Supplied data —
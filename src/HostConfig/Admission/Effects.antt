-- ===== src/HostConfig/Admission/Effects.antt =====
-- What a call of `prepare` of backend/app/operations/host_config/admission.py leaves, and what a second
-- call does.
use gjallar.Prelude.{
  ℕ, ◌+◌, ◌≡◌, ◌<◌, refl, sym, subst, ap, ◌∙◌, String, true, none, some, List, [], ◌∷◌, ◌++◌, arith,
  ◌==◌, str_eq_refl,
}
use gjallar.Prelude.Text.{strip}
use gjallar.Json.{Fields, empty}
use gjallar.Operation.Event.{Platform}
use gjallar.Operation.Create.{OperationSpec, OperationCreateResult, create, created_row}
use gjallar.Operation.Create.Idempotent.{insert_operation-eq-ok}
use gjallar.Operation.Create.Scopes.{create-IsChained}
use gjallar.Operation.Store.Chain.{IsChained}
use gjallar.Result.{ok}
use gjallar.Database.{
  OperationRecord, OperationRecoveryItemRecord, OperationLockRecord, Database, find_operation,
  is_open,
}
use gjallar.Setup.{SetupState}
use gjallar.Lock.Exclusion.{open_count-append, IsExclusive}
use gjallar.Recovery.{RecoveryLease, prepare_and_claim, locked_owned_row}
use gjallar.Recovery.Exclusive.{prepare_and_claim-owned}
use gjallar.HostConfig.Lock.{configuration_row, open_lock_in}
use gjallar.HostConfig.Lock.Outcome.{acquire_configuration-eq-ok, hold_configuration-eq-ok}
use gjallar.HostConfig.Lock.Isolation.{IsIsolated, configuration-IsIsolated}
use gjallar.HostConfig.Admission.{
  Draws, spec_target, binding_of, bound_spec, observation_spec, lease_owner_of, prepare,
}
use gjallar.HostConfig.Admission.Outcome.{
  prepare-eq-ok, prepare_and_claim-keeps_rows, find_operation-new, Prepared-created,
}

-- A configuration lock is on no locator.
configuration-IsExclusive :
    (lock_id : String) (now : ℕ) (operation_type scope_key cluster_id owner_id : String)
    (identity : String × String) (target : Fields) (rows : List OperationLockRecord)
    → IsExclusive rows
    → IsExclusive (
        rows
        ++ configuration_row lock_id now operation_type scope_key cluster_id owner_id identity
            target
          ∷ [])
unfolding configuration_row
configuration-IsExclusive lock_id now operation_type scope_key cluster_id owner_id identity target
      rows x =
    record {
      at_most_one = λ key.
          let old = x.at_most_one key in
          let row =
            configuration_row lock_id now operation_type scope_key cluster_id owner_id identity
              target in
          let same = open_count-append key rows row in ground (arith, old, same);
    }

module _ (p : Platform) (state : SetupState) (d : Draws) (spec : OperationSpec)
    (cluster_id : String) (db : Database) (operation : OperationRecord) (lease : RecoveryLease)
    (db' : Database) where
  -- The row of the lock.
  abbrev lock_row : String → String × String → OperationLockRecord
  lock_row scope_key identity =
      configuration_row d.lock_id d.lock_time spec.operation_type scope_key (strip cluster_id)
        (strip spec.operation_id) identity (spec_target spec)

  -- The tables after each of the three calls.
  record Tables : Type 0 where
    scope_key : String
    identity : String × String
    binding : Fields
    locked : Database
    between : Database
    items : List OperationRecoveryItemRecord
    absent : find_operation spec.operation_id db.operations ≡ none
    free : open_lock_in (strip cluster_id) db.locks ≡ none
    added : locked ≡ record db { locks = db.locks ++ lock_row scope_key identity ∷ [] }
    made :
        (result : OperationCreateResult) × (create p d.create_time d.event_id
            (bound_spec spec binding)
            empty
            locked
            locked
          ≡ ok (result, between))
    operations : between.operations ≡ db.operations ++ operation ∷ []
    named : operation.operation_id ≡ spec.operation_id
    digest : operation.intent_digest ≡ spec.intent_digest
    locks : between.locks ≡ db.locks ++ lock_row scope_key identity ∷ []
    claimed :
        prepare_and_claim p d.claim_time d.token
          (observation_spec spec binding)
          (lease_owner_of spec d)
          60000000
          none
          none
          between
        ≡ ok (lease, db')
    left : db' ≡ record between { recovery_items = items }

  tables_of : prepare p state d spec cluster_id db ≡ ok (operation, some lease, db') → Tables
  unfolding created_row configuration_row
  tables_of h =
      let m = prepare-eq-ok p state d spec cluster_id db operation lease db' h in
      let held =
        acquire_configuration-eq-ok p state d.lock_id d.lock_time spec.operation_type cluster_id
          spec.operation_id (spec_target spec) db m.lock m.locked m.held in
      let row = lock_row held.scope_key held.identity in
      let (admitted, free, alone, fresh, stored) =
        hold_configuration-eq-ok state row (spec_target spec) db m.locked held.inserted in
      let binding = binding_of spec m.lock in
      let same = ap (λ (x : Database). x.operations) stored in
      let (returned, inserted) =
        Prepared-created p state d spec cluster_id db operation lease db' m
          (ap (find_operation spec.operation_id) same ∙ m.absent) in
      let (u, v, written) =
        insert_operation-eq-ok p d.create_time d.event_id (bound_spec spec binding) empty m.locked
          m.between inserted in
      let (items, left) =
        prepare_and_claim-keeps_rows p d.claim_time d.token (observation_spec spec binding)
          (lease_owner_of spec d) 60000000 none none m.between lease db' m.claimed in
      record {
        scope_key = held.scope_key;
        identity = held.identity;
        binding = binding;
        locked = m.locked;
        between = m.between;
        items = items;
        absent = m.absent;
        free = free;
        added = stored;
        made = (m.result, m.made);
        operations =
            ap (λ (x : Database). x.operations) written ∙ (λ i. same i ++ (sym returned) i ∷ []);
        named = ap (λ (r : OperationRecord). r.operation_id) returned;
        digest = ap (λ (r : OperationRecord). r.intent_digest) returned;
        locks = ap (λ (x : Database). x.locks) written ∙ ap (λ (x : Database). x.locks) stored;
        claimed = m.claimed;
        left = left;
      }

  -- Where each projection is the end of its verified event chain, each locator has at most one open
  -- lock, and an open configuration lock is the only open lock of its cluster, a call of `prepare` that
  -- returns a lease leaves all three so.
  pub prepare-keeps :
      IsChained p db
      → IsExclusive db.locks
      → IsIsolated db.locks
      → prepare p state d spec cluster_id db ≡ ok (operation, some lease, db')
      → IsChained p db' × IsExclusive db'.locks × IsIsolated db'.locks
  unfolding configuration_row
  prepare-keeps chained exclusive isolated h =
      let t = tables_of h in
      let locks = ap (λ (x : Database). x.locks) t.left ∙ t.locks in
      let chained1 =
        subst (IsChained p) (sym t.added) (record { rows = chained.rows; owned = chained.owned }) in
      let chained2 =
        create-IsChained p d.create_time d.event_id (bound_spec spec t.binding) empty t.locked
          t.locked t.between t.made.0 chained1 t.made.1 in
      (
        subst (IsChained p) (sym t.left) (record { rows = chained2.rows; owned = chained2.owned }),
        subst IsExclusive (sym locks) (
            configuration-IsExclusive d.lock_id d.lock_time spec.operation_type t.scope_key
              (strip cluster_id) (strip spec.operation_id) t.identity (spec_target spec) db.locks
              exclusive),
        subst IsIsolated (sym locks)
            (configuration-IsIsolated (lock_row t.scope_key t.identity) db.locks t.free isolated),
      )

  operation_after : (t : Tables) → find_operation spec.operation_id db'.operations ≡ some operation
  operation_after t =
      ap (λ (x : Database). find_operation spec.operation_id x.operations) t.left
      ∙ ap (find_operation spec.operation_id) t.operations
      ∙ find_operation-new spec.operation_id db.operations operation t.absent t.named

  -- A call of `prepare` that returns a lease has found no Operation with the id and no open lock in the
  -- cluster. It leaves the Operation, an open lock that the Operation owns as the last row of the lock
  -- table, and a lease that is owned for the following minute.
  pub prepare-owns :
      (later : ℕ)
      → later < d.claim_time + 60000000
      → prepare p state d spec cluster_id db ≡ ok (operation, some lease, db')
      → (find_operation spec.operation_id db.operations ≡ none)
        × (open_lock_in (strip cluster_id) db.locks ≡ none)
        × (find_operation spec.operation_id db'.operations ≡ some operation)
        × ((lock : OperationLockRecord) × (db'.locks ≡ db.locks ++ lock ∷ [])
            × (lock.owner_id ≡ strip spec.operation_id)
            × (lock.cluster_id ≡ strip cluster_id)
            × (is_open lock.status ≡ true))
        × ((row : OperationRecoveryItemRecord) × (locked_owned_row lease later db' ≡ ok row))
  unfolding configuration_row
  prepare-owns later before h =
      let t = tables_of h in
      (
        t.absent,
        t.free,
        operation_after t,
        (
          lock_row t.scope_key t.identity,
          ap (λ (x : Database). x.locks) t.left ∙ t.locks,
          refl,
          refl,
          refl,
        ),
        prepare_and_claim-owned p d.claim_time d.token (observation_spec spec t.binding)
            (lease_owner_of spec d) 60000000 none none t.between lease db' later t.claimed
            (omega (arith, before)),
      )

  -- After a call of `prepare` that returned a lease, a further call with the same spec returns the same
  -- Operation without a lease and changes nothing, whatever it draws, and whatever the connection and
  -- the cluster are.
  pub prepare_again :
      (state' : SetupState) (d' : Draws) (cluster_id' : String)
      → prepare p state d spec cluster_id db ≡ ok (operation, some lease, db')
      → prepare p state' d' spec cluster_id' db' ≡ ok (operation, none, db')
  unfolding prepare
  prepare_again state' d' cluster_id' h =
      let m = prepare-eq-ok p state d spec cluster_id db operation lease db' h in
      let t = tables_of h in
      let found = operation_after t in
      let exact = m.exact in
      let matches = m.matches in
      let digest = t.digest in
      let same : (operation.intent_digest == spec.intent_digest) ≡ true =
        rw digest (str_eq_refl spec.intent_digest) in
      rw (exact, matches, found, same, prepare) refl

Problem to work on —
Referring to the material above, set down exactly the lines between the line with "prepare-keeps chained exclusive" and the line with "(find_operation spec.operation_id) t.operations", inclusive, and no other lines.

Answer section —
  prepare-keeps chained exclusive isolated h =
      let t = tables_of h in
      let locks = ap (λ (x : Database). x.locks) t.left ∙ t.locks in
      let chained1 =
        subst (IsChained p) (sym t.added) (record { rows = chained.rows; owned = chained.owned }) in
      let chained2 =
        create-IsChained p d.create_time d.event_id (bound_spec spec t.binding) empty t.locked
          t.locked t.between t.made.0 chained1 t.made.1 in
      (
        subst (IsChained p) (sym t.left) (record { rows = chained2.rows; owned = chained2.owned }),
        subst IsExclusive (sym locks) (
            configuration-IsExclusive d.lock_id d.lock_time spec.operation_type t.scope_key
              (strip cluster_id) (strip spec.operation_id) t.identity (spec_target spec) db.locks
              exclusive),
        subst IsIsolated (sym locks)
            (configuration-IsIsolated (lock_row t.scope_key t.identity) db.locks t.free isolated),
      )

  operation_after : (t : Tables) → find_operation spec.operation_id db'.operations ≡ some operation
  operation_after t =
      ap (λ (x : Database). find_operation spec.operation_id x.operations) t.left
      ∙ ap (find_operation spec.operation_id) t.operations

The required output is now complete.